Task instructions:
Of the records that follow, copy only the lines from the line containing "-- ===== src/Prelude/Maps.antt" to the line containing "assign k v [] = (k, v) ∷ []", both included, exactly as written.

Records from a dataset
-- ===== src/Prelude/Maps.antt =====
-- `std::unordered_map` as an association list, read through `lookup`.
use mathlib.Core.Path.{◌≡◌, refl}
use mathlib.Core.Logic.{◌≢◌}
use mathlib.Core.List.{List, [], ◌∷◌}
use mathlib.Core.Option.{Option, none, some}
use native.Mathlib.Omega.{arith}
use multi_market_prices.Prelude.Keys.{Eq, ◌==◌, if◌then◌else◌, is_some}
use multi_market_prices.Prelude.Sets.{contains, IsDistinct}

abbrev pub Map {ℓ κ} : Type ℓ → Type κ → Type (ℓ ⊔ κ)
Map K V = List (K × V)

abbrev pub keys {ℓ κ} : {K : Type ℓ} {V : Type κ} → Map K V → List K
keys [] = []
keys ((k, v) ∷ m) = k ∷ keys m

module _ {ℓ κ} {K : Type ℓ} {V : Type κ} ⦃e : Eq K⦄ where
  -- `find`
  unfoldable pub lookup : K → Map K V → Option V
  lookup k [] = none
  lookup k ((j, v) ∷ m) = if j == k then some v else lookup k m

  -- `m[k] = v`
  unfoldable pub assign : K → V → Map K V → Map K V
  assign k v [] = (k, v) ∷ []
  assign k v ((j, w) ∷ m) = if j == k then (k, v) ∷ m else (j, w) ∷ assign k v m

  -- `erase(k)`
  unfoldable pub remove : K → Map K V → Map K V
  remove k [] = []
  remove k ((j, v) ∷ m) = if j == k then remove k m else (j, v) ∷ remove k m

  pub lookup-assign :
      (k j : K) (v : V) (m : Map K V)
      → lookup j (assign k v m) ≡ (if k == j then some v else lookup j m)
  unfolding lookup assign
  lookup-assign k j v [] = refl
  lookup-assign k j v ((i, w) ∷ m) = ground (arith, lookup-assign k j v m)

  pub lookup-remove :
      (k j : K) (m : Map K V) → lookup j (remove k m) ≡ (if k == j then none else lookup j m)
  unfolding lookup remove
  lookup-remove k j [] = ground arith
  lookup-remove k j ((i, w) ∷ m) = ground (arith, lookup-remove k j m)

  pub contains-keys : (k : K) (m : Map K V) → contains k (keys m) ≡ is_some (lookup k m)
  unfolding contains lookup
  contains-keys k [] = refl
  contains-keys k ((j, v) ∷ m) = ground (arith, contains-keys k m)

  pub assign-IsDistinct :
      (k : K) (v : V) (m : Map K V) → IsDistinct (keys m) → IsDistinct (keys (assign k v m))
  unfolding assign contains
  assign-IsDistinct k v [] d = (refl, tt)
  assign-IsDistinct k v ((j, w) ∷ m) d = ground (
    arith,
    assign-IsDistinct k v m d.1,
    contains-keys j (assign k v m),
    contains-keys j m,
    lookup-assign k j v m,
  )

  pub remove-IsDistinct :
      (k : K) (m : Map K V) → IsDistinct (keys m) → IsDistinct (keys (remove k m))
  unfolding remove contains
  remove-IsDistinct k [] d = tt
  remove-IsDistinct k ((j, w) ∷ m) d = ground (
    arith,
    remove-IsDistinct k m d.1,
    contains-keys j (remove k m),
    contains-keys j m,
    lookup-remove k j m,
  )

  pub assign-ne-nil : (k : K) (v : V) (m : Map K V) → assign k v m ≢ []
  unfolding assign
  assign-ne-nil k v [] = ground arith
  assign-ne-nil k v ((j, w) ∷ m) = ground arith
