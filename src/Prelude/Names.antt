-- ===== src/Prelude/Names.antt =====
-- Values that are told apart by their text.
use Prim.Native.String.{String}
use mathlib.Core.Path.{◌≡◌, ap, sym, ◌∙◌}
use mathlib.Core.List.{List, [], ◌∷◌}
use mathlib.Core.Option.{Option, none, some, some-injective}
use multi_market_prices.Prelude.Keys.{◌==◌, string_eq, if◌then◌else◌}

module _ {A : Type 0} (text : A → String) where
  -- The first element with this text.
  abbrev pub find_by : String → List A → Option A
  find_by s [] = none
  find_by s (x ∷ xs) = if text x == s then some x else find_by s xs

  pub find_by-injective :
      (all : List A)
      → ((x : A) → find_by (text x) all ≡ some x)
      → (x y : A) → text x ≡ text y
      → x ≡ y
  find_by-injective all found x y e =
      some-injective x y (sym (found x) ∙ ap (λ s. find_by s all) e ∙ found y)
...
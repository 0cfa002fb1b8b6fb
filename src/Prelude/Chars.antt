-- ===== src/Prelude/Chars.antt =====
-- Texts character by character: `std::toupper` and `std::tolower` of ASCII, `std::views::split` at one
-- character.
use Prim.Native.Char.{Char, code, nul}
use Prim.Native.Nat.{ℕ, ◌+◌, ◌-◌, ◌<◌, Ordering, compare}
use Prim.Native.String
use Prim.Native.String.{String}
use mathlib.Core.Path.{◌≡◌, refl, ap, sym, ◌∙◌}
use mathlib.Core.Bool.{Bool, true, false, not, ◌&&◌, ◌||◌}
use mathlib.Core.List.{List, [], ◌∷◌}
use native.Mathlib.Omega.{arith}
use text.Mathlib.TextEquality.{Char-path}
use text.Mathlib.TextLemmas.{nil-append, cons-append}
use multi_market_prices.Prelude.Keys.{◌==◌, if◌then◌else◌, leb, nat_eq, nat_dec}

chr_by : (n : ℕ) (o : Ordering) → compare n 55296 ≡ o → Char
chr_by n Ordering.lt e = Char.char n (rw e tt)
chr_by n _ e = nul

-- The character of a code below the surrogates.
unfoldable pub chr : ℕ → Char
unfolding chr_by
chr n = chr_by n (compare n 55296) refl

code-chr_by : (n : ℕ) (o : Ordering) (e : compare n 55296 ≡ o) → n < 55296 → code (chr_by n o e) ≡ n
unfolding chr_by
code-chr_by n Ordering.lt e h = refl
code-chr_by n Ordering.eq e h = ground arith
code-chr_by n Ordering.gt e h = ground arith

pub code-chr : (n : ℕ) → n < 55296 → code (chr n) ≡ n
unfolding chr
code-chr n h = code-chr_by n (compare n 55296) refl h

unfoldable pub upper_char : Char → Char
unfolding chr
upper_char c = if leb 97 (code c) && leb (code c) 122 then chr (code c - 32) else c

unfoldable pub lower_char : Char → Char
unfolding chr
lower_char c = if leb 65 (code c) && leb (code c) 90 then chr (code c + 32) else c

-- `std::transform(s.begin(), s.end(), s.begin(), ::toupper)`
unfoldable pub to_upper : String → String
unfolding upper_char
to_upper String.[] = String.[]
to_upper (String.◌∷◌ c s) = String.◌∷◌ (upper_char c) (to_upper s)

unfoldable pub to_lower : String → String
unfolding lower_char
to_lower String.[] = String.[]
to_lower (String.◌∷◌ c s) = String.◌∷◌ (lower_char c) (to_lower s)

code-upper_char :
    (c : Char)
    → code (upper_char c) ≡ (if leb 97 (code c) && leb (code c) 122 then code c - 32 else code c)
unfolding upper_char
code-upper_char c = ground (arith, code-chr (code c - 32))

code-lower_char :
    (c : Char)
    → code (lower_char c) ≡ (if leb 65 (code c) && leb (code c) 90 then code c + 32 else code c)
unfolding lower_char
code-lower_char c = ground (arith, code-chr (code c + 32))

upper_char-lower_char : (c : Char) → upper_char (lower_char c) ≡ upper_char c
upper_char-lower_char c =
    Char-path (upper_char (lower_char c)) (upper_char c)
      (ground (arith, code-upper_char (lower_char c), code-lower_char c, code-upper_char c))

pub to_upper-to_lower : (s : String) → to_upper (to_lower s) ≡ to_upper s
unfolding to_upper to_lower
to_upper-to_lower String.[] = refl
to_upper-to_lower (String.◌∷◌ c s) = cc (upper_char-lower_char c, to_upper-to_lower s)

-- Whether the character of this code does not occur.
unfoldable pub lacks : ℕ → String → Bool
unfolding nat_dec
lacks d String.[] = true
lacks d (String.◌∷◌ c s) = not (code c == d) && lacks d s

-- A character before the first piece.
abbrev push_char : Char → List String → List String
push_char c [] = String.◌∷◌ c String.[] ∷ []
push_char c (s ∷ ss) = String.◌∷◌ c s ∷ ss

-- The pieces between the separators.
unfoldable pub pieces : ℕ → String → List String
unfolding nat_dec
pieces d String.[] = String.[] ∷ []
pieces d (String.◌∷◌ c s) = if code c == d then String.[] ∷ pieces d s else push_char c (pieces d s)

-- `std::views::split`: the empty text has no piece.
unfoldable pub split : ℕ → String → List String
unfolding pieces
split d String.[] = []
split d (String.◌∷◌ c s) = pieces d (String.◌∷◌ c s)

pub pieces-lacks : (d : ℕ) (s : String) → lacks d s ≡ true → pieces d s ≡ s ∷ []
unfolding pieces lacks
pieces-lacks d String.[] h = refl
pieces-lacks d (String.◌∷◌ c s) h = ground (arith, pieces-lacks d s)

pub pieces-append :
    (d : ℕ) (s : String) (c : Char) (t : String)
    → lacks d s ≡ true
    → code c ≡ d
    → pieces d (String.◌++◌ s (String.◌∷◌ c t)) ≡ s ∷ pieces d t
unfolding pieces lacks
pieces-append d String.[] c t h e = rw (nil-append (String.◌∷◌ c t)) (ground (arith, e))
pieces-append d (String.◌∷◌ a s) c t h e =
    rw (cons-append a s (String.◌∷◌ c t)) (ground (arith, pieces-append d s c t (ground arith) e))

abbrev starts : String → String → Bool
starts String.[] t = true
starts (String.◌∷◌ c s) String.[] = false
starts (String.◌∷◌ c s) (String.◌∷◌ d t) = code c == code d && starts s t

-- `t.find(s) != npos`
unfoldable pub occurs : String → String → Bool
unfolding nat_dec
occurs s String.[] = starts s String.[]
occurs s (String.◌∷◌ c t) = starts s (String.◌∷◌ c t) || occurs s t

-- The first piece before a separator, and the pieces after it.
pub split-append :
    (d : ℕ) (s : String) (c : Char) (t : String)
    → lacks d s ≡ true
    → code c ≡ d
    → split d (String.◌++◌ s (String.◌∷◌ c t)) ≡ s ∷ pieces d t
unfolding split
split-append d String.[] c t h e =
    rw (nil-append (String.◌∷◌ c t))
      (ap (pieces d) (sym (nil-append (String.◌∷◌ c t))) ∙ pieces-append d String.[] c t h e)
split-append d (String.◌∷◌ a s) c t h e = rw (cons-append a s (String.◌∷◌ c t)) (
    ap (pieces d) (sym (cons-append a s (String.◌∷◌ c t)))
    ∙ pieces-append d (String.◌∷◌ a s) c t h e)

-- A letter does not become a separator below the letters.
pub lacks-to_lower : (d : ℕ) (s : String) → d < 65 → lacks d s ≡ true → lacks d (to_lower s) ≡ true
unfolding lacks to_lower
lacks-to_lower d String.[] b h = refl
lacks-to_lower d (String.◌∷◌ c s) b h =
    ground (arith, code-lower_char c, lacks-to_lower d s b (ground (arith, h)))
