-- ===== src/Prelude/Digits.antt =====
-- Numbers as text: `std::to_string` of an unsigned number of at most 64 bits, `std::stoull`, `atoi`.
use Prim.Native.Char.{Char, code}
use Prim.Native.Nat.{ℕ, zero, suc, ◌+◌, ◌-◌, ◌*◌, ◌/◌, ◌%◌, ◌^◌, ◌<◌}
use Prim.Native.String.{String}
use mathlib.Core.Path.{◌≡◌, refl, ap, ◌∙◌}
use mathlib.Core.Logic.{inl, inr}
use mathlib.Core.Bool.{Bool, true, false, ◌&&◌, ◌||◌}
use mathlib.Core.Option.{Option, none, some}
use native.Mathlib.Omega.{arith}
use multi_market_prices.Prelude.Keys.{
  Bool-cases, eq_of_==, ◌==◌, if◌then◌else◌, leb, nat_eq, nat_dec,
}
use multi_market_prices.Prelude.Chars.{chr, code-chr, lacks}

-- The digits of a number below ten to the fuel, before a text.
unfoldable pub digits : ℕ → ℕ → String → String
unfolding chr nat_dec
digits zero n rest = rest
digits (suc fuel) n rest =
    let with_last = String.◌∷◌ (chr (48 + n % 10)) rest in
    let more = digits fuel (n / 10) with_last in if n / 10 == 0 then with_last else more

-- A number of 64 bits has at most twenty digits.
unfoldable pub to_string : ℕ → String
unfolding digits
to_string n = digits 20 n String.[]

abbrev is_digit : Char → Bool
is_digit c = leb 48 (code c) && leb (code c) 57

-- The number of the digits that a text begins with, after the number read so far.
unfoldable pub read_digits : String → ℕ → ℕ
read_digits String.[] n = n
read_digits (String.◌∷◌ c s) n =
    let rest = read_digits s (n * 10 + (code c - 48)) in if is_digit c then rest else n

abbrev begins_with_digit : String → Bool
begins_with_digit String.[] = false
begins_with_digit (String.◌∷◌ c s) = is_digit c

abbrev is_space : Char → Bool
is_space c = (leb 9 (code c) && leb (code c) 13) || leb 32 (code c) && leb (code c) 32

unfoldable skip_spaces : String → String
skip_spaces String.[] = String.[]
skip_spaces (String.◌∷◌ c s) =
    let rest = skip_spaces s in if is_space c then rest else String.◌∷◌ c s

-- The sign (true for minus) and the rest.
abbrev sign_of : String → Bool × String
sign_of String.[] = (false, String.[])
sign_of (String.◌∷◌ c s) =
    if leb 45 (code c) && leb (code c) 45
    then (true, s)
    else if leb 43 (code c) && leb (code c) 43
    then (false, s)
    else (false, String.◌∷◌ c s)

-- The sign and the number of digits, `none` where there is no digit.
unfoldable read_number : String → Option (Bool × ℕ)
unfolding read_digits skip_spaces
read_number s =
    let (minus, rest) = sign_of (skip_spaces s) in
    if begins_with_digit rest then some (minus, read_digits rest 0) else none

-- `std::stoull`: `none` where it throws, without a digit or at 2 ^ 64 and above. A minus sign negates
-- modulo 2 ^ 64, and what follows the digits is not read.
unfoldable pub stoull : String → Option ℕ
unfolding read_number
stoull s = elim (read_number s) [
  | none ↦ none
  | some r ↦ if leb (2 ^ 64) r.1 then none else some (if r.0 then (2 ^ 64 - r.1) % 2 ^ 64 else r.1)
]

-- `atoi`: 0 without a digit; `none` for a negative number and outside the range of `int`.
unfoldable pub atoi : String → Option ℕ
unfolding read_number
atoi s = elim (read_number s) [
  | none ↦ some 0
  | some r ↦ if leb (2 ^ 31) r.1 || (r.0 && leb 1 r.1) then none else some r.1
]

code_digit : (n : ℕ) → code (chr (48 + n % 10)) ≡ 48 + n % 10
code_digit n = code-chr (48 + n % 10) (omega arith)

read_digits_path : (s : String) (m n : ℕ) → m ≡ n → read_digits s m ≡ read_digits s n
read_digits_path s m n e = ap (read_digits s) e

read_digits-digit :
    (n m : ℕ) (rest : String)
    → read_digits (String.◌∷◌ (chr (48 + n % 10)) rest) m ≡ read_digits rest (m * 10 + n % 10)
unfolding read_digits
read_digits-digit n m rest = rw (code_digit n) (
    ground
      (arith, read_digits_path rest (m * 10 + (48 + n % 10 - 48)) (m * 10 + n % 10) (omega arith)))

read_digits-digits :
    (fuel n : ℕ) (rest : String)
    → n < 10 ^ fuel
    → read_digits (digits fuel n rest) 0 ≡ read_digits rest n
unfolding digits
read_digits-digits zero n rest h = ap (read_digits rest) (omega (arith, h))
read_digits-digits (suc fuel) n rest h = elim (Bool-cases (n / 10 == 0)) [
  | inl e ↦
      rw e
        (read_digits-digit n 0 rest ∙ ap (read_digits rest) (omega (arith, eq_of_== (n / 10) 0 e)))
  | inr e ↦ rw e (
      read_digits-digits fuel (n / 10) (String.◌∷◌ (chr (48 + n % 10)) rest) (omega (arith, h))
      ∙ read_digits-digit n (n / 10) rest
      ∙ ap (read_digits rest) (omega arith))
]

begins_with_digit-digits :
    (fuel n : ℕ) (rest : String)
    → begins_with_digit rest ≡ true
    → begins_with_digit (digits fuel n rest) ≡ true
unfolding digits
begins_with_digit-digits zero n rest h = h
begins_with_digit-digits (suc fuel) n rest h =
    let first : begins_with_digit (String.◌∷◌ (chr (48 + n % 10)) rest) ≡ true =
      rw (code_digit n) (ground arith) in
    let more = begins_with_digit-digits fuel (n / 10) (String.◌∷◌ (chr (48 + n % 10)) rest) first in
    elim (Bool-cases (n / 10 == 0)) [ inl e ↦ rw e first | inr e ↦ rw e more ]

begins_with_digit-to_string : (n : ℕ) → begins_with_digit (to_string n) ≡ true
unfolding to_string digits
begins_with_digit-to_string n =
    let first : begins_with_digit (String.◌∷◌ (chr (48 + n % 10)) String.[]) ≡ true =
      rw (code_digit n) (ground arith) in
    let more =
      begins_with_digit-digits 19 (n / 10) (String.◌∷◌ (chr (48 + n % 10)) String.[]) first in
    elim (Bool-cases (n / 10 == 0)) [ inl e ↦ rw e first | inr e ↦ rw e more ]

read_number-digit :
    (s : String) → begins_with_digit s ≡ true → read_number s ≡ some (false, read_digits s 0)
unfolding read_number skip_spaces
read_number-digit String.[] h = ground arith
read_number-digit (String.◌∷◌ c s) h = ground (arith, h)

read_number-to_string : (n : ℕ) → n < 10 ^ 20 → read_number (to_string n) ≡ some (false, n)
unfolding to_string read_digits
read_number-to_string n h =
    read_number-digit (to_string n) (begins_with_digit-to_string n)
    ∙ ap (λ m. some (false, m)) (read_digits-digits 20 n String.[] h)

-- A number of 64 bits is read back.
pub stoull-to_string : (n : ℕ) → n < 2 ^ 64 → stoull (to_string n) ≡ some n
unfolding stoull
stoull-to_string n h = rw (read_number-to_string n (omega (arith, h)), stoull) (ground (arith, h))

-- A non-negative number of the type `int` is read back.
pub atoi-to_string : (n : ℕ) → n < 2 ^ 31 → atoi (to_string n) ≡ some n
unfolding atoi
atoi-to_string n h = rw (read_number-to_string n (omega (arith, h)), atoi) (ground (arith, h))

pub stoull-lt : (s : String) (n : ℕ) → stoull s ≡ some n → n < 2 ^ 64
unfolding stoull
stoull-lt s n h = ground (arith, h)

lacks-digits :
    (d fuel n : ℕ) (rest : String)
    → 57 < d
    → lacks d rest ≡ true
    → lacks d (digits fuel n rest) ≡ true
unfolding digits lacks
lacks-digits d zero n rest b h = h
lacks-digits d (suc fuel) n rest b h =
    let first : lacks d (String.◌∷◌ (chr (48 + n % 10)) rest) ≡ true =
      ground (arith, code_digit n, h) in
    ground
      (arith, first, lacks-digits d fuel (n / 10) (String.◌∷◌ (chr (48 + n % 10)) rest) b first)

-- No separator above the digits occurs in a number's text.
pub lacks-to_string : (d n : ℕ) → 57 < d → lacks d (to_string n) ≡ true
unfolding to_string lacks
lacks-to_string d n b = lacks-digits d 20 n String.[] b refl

Solution below:
-- ===== src/Prelude/Maps.antt =====
-- `std::unordered_map` as an association list, read through `lookup`.
use mathlib.Core.Path.{◌≡◌, refl}
use mathlib.Core.Logic.{◌≢◌}
use mathlib.Core.List.{List, [], ◌∷◌}
use mathlib.Core.Option.{Option, none, some}
use native.Mathlib.Omega.{arith}
use multi_market_prices.Prelude.Keys.{Eq, ◌==◌, if◌then◌else◌, is_some}
use multi_market_prices.Prelude.Sets.{contains, IsDistinct}

abbrev pub Map {ℓ κ} : Type ℓ → Type κ → Type (ℓ ⊔ κ)
Map K V = List (K × V)

abbrev pub keys {ℓ κ} : {K : Type ℓ} {V : Type κ} → Map K V → List K
keys [] = []
keys ((k, v) ∷ m) = k ∷ keys m

module _ {ℓ κ} {K : Type ℓ} {V : Type κ} ⦃e : Eq K⦄ where
  -- `find`
  unfoldable pub lookup : K → Map K V → Option V
  lookup k [] = none
  lookup k ((j, v) ∷ m) = if j == k then some v else lookup k m

  -- `m[k] = v`
  unfoldable pub assign : K → V → Map K V → Map K V
  assign k v [] = (k, v) ∷ []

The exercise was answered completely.